Assignment
Transcribe the material from its first line onward, ending with the line that contains "pub mod ShareStore" and adding nothing beyond it.

The records
-- ===== src/External.antt =====
-- The libraries that the program calls, as interfaces: operations, and the laws that it relies on.
pub mod Sled
pub mod Serde
pub mod Crypto
pub mod RoundBased
pub mod Gg20
pub mod Queues
pub mod Regex
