-- ===== src/Storage.antt =====
-- src/storage: groups and local shares in one sled database.
pub mod GroupStore
pub mod ShareStore
pub mod RoundTrip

Output for this exercise
-- ===== src/External.antt =====
-- The libraries that the program calls, as interfaces: operations, and the laws that it relies on.
pub mod Sled
pub mod Serde
pub mod Crypto
pub mod RoundBased
pub mod Gg20
pub mod Queues
pub mod Regex
-- ===== src/Storage.antt =====
-- src/storage: groups and local shares in one sled database.
pub mod GroupStore
pub mod ShareStore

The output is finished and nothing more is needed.